-- ===== src/Slave/Daemon.antt =====
-- slg.c: the daemon loop of `main`, which serves one order of the master after another.
pub mod Run
pub mod Orders
pub mod Idle
pub mod Injection
use mathlib.Core.Option.{bind}
use slg.Base.{
  ℕ, zero, suc, ◌+◌, ◌-◌, List, [], ◌∷◌, ◌++◌, Option, none, some, Bool, true, false, if◌then◌else◌,
  ltb, map, length, take, ◌==◌,
}
use slg.Base.Text.{codes}
use slg.Base.Int.{ℤ, negsuc}
use slg.Base.Outcome.{Outcome, ok, stop, within, ◌>>=◌}
use slg.Time.{Timeval, compare_time}
use slg.Os.{ReadAnswer, WriteAnswer}
use slg.Client.{Client, Stats, M, Fault}
use slg.Protocol.Line.{Failure}
use slg.Protocol.Order.{Parameters, wait_master_order}
use slg.Protocol.Response.{Report, send_stat_response}
use slg.Slave.{Config, System, set_up}
use slg.Slave.Totals.{BadParameter, check_parameters, compute_stats, reset_stats}
use slg.Slave.Writer.{WriterAnswers, writer_take, writer_serve}
use slg.Slave.Reader.{ReaderAnswers, reader_take, reader_serve}

-- What the scheduler lets run next: a round of one of the four loops.
pub data Action : Type 0 where
  take_to_write take_to_read : Action
  serve_writing : ℕ → WriterAnswers → Action
  serve_reading : ℕ → ReaderAnswers → Action

-- The loops that serve run over the clients, so a number past them is no round at all.
unfoldable pub act : Action → System → M System
act take_to_write s = writer_take s >>= (λ (t, more). ok t)
act take_to_read s = reader_take s >>= (λ (t, more). ok t)
act (serve_writing i a) s = if ltb i s.config.nb_clients then writer_serve s i a else ok s
act (serve_reading i a) s = if ltb i s.config.nb_clients then reader_serve s i a else ok s

-- The threads between `pthread_create` and `pthread_join`, in the order that the scheduler chose.
unfoldable pub run_threads : List Action → System → M System
unfolding act
run_threads [] s = ok s
run_threads (x ∷ actions) s = act x s >>= run_threads actions

-- Why the daemon ends.
pub data Stopped : Type 0 where
  order_failed : Failure → Stopped
  bad_parameter : BadParameter → Stopped
  lookup_failed no_buffers duration_too_low : Stopped
  thread_failed : Fault → Stopped
  response_failed : Failure → Stopped

-- The file that the clients ask for: DEFAULT_DIR with the second argument behind it, or the default.
unfoldable pub target_file : Option (List ℕ) → List ℕ
target_file none = codes "/index.html"
target_file (some name) = codes "/" ++ name

-- `init_server_target`, which every client calls with the same name and the same answer of
-- gethostbyname.
unfoldable pub find_host : ℕ → Option (List ℕ) → Option ℕ → Outcome Stopped ℕ
find_host zero host address = ok 0
find_host (suc n) (some name) (some address) = ok address
find_host (suc n) (some name) none = stop lookup_failed
find_host (suc n) none address = stop lookup_failed

abbrev pub name_of : Option (List ℕ) → List ℕ
name_of none = []
name_of (some name) = name

-- The order as the threads read it.
unfoldable pub config_of : List ℕ → Parameters → Config
config_of file p = record {
  nb_clients = p.nb_clients;
  nb_msg_per_connection = p.nb_msg_per_connection;
  host = name_of p.host;
  port = p.port;
  file = file;
}

-- What the daemon keeps from order to order.
pub record Daemon : Type 0 where
  pub stats : Stats
  pub max_connect_socket : ℕ

-- The answers of the system for one order.
pub record OrderAnswers : Type 0 where
  pub order : List ReadAnswer
  pub address : Option ℕ
  pub start_time : Timeval
  pub actions : List Action
  pub stop_time : Timeval
  pub response : List WriteAnswer

-- What one order leaves: the measures that were reported, the bytes that the master gets, the descriptors
-- that `clean_remaing_clients_fd` closes, and the daemon.
pub record Served : Type 0 where
  pub reported : Stats
  pub wire : List ℕ
  pub closed : List (Option ℕ)
  pub daemon : Daemon

-- `clean_remaing_clients_fd`, over `k` clients from the `i`th on
unfoldable pub clean_remaining_clients_fd : ℕ → ℕ → (ℕ → Client) → List (Option ℕ)
clean_remaining_clients_fd i zero clients = []
clean_remaining_clients_fd i (suc k) clients =
    (clients i).fd ∷ clean_remaining_clients_fd (i + 1) k clients

unfoldable pub with_buffers : Option System → Outcome Stopped System
with_buffers none = stop no_buffers
with_buffers (some s) = ok s

-- `if (duration < 1)`
unfoldable pub long_enough : ℕ → System → Outcome Stopped System
long_enough duration s = if ltb duration 1 then stop duration_too_low else ok s

-- `rest` is what the daemon does with the orders that follow.
unfoldable pub go_on :
    Outcome Stopped Served → (Daemon → List Served × Option Stopped) → List Served × Option Stopped
go_on (stop e) rest = ([], some e)
go_on (ok served) rest = let (more, e) = rest served.daemon in (served ∷ more, e)

-- The quotient of a sum and a count, and "%Lf", are parameters.
module _ {ℓ} {LongDouble : Type ℓ} (average : ℕ → ℕ → LongDouble)
    (print_lf : LongDouble → List ℕ) where
  unfoldable pub report_of : Timeval → Timeval → Stats → Report LongDouble
  report_of start_time stop_time g = record {
    elapsed = compare_time start_time stop_time;
    global_total_bytes_recv = g.global_total_bytes_recv;
    global_total_resp_recv = g.global_total_resp_recv;
    global_avg_ct = average g.global_avg_ct g.nb_ct;
    global_avg_rt = average g.global_avg_rt g.nb_rt;
    global_avg_crt = average g.global_avg_crt g.nb_crt;
    global_min_ct = g.global_min_ct;
    global_max_ct = g.global_max_ct;
    global_errors = g.global_errors;
  }

  -- From the end of the threads to the end of the loop.
  unfoldable pub finish_order : OrderAnswers → System → Outcome Stopped Served
  unfolding report_of clean_remaining_clients_fd
  finish_order a t =
      let g = compute_stats t.config.nb_clients t.all_clients t.stats in
      within response_failed
        (send_stat_response print_lf (report_of a.start_time a.stop_time g) a.response)
      >>= (λ wire. ok (record {
        reported = g;
        wire = wire;
        closed = clean_remaining_clients_fd 0 t.config.nb_clients t.all_clients;
        daemon = record { stats = reset_stats g; max_connect_socket = t.connect_fds.max };
      }))

  -- From `check_parameters` on, for an order that has been read.
  unfoldable pub play_order : List ℕ → Daemon → OrderAnswers → Parameters → Outcome Stopped Served
  unfolding finish_order find_host config_of with_buffers long_enough run_threads
  play_order file d a p =
      within bad_parameter (check_parameters p.nb_clients p.port p.duration p.nb_msg_per_connection)
      >>= (λ checked. find_host p.nb_clients p.host a.address >>= (λ address.
          with_buffers (set_up (config_of file p) address d.max_connect_socket d.stats) >>= (λ s.
            long_enough p.duration s >>= (λ s'.
              within thread_failed (run_threads a.actions s') >>= (λ t. finish_order a t)))))

  -- One round of the daemon loop.
  unfoldable pub serve_order : ℕ → List ℕ → Daemon → OrderAnswers → Outcome Stopped Served
  unfolding play_order
  serve_order proc_freq file d a =
      within order_failed (wait_master_order proc_freq a.order) >>= play_order file d a

  -- The daemon loop: what it served, and why it ended unless it waits for the next order.
  unfoldable pub serve_orders :
      ℕ → List ℕ → Daemon → List OrderAnswers → List Served × Option Stopped
  unfolding serve_order go_on
  serve_orders proc_freq file d [] = ([], none)
  serve_orders proc_freq file d (a ∷ rest) =
      go_on (serve_order proc_freq file d a) (λ d'. serve_orders proc_freq file d' rest)
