-- ===== src/Slave/Daemon/Idle.antt =====
-- slg.c, `main`: what the daemon says of the clients when an order brought no response.
use slg.Base.{Bool, not, ◌&&◌, ℕ, zero, suc, ◌+◌, ◌<◌, ◌^◌, ◌≡◌, arith, ◌==◌, if◌then◌else◌}
use slg.Base.Word.{sub32}
use slg.Client.{Client}

-- The counters of the loop; `attempts` is a float, which holds these whole numbers exactly below 2 ^ 24.
pub record Idle : Type 0 where
  pub nb_have_written : ℕ
  pub nb_connecting : ℕ
  pub attempts : ℕ
  pub nb_have_done_nothing : ℕ

abbrev pub none_yet : Idle
none_yet = record { nb_have_written = 0; nb_connecting = 0; attempts = 0; nb_have_done_nothing = 0 }

unfoldable pub count_client : Client → Idle → Idle
count_client c n =
    if c.connect_in_progress
    then record n {
      nb_connecting = n.nb_connecting + 1;
      attempts = n.attempts + (if c.nb_connect_attempts == 0 then 1 else c.nb_connect_attempts);
    }
    else if c.bytes_write == 0
    then record n { nb_have_done_nothing = n.nb_have_done_nothing + 1 }
    else record n { nb_have_written = n.nb_have_written + 1 }

-- The loop over `k` clients from the `i`th on.
unfoldable pub count_idle : ℕ → ℕ → (ℕ → Client) → Idle → Idle
unfolding count_client
count_idle i zero clients n = n
count_idle i (suc k) clients n = count_idle (i + 1) k clients (count_client (clients i) n)

-- `nb_clients - nb_have_written - nb_connecting`, the number that is printed
unfoldable pub printed_idle : ℕ → Idle → ℕ
printed_idle nb_clients n = sub32 (sub32 nb_clients n.nb_have_written) n.nb_connecting

-- Not connecting, and nothing written of a request.
abbrev pub is_idle : Client → Bool
is_idle c = not c.connect_in_progress && (c.bytes_write == 0)

-- How many of the `k` clients from the `i`th on are idle.
abbrev pub idle_clients : ℕ → ℕ → (ℕ → Client) → ℕ
idle_clients i zero clients = 0
idle_clients i (suc k) clients =
    (if is_idle (clients i) then 1 else 0) + idle_clients (i + 1) k clients

abbrev all_counted : Idle → ℕ
all_counted n = n.nb_have_written + n.nb_connecting + n.nb_have_done_nothing

count_client-all : (c : Client) (n : Idle) → all_counted (count_client c n) ≡ all_counted n + 1
unfolding count_client
count_client-all c n = ground arith

count_idle-all :
    (i k : ℕ) (clients : ℕ → Client) (n : Idle)
    → all_counted (count_idle i k clients n) ≡ all_counted n + k
unfolding count_idle
count_idle-all i zero clients n = omega arith
count_idle-all i (suc k) clients n = omega (
  arith,
  count_idle-all (i + 1) k clients (count_client (clients i) n),
  count_client-all (clients i) n,
)

count_client-idle :
    (c : Client) (n : Idle)
    → (count_client c n).nb_have_done_nothing
      ≡ n.nb_have_done_nothing + (if is_idle c then 1 else 0)
unfolding count_client
count_client-idle c n = ground arith

count_idle-idle :
    (i k : ℕ) (clients : ℕ → Client) (n : Idle)
    → (count_idle i k clients n).nb_have_done_nothing
      ≡ n.nb_have_done_nothing + idle_clients i k clients
unfolding count_idle
count_idle-idle i zero clients n = omega arith
count_idle-idle i (suc k) clients n = omega (
  arith,
  count_idle-idle (i + 1) k clients (count_client (clients i) n),
  count_client-idle (clients i) n,
)

-- The number of idle clients that is printed, what is left of all clients without those that connect and
-- those that have written, is the number of clients that are not connecting and have no byte of a
-- request written, if `nb_clients` fits its C type.
pub printed_idle-count :
    (nb_clients : ℕ) (clients : ℕ → Client)
    → nb_clients < 2 ^ 32
    → printed_idle nb_clients (count_idle 0 nb_clients clients none_yet)
      ≡ idle_clients 0 nb_clients clients
unfolding printed_idle
printed_idle-count nb_clients clients fits = omega (
  arith,
  count_idle-all 0 nb_clients clients none_yet,
  count_idle-idle 0 nb_clients clients none_yet,
)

◆ **Assigned task**
All lines of the records containing "rest" should be shown.

◆ **Response**
-- `rest` is what the daemon does with the orders that follow.
go_on (stop e) rest = ([], some e)
go_on (ok served) rest = let (more, e) = rest served.daemon in (served ∷ more, e)
  serve_orders proc_freq file d (a ∷ rest) =
      go_on (serve_order proc_freq file d a) (λ d'. serve_orders proc_freq file d' rest)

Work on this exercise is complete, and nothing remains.